● **Task goal**:
In the records below, pick out all lines containing the word "skipped".

[Stored data entries]
········

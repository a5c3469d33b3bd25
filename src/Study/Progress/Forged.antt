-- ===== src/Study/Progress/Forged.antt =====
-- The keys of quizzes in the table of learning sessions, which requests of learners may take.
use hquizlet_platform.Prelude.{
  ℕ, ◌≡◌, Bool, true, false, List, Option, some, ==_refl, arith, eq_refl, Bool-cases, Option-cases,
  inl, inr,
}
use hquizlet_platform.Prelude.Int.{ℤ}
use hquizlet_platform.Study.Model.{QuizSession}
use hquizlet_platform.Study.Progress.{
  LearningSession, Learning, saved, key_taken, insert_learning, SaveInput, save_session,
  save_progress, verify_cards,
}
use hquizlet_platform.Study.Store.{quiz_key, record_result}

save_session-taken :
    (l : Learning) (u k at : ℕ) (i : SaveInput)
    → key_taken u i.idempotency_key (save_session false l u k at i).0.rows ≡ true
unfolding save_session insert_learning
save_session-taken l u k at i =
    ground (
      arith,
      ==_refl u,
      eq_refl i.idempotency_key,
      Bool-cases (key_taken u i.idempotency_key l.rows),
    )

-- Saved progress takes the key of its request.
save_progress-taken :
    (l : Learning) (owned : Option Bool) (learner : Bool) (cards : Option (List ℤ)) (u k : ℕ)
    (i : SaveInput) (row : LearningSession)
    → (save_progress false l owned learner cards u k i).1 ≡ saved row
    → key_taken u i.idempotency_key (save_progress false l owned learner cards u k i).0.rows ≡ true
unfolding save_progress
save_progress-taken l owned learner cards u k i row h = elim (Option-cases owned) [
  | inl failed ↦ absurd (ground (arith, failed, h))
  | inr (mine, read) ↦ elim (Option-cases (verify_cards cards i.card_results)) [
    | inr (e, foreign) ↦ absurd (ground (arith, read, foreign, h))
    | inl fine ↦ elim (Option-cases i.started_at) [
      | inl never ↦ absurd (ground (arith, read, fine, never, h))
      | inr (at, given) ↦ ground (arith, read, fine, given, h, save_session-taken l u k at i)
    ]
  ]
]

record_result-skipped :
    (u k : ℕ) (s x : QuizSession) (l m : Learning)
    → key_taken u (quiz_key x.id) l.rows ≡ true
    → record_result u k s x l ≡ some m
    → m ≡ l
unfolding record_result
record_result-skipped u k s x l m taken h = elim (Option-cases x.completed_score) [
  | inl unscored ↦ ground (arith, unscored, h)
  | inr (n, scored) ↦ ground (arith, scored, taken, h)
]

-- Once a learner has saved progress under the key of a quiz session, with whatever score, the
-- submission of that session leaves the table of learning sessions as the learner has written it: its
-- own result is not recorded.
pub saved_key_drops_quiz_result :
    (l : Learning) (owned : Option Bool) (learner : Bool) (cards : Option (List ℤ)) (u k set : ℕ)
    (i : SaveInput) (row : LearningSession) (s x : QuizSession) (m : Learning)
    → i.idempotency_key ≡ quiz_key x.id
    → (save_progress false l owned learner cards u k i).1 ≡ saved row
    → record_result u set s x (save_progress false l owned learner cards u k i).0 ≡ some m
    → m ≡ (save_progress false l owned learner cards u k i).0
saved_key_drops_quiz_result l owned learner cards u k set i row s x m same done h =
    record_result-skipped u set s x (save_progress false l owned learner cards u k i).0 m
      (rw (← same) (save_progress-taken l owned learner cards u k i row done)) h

········

● **Worked solution**:
record_result-skipped :
record_result-skipped u k s x l m taken h = elim (Option-cases x.completed_score) [
    record_result-skipped u set s x (save_progress false l owned learner cards u k i).0 m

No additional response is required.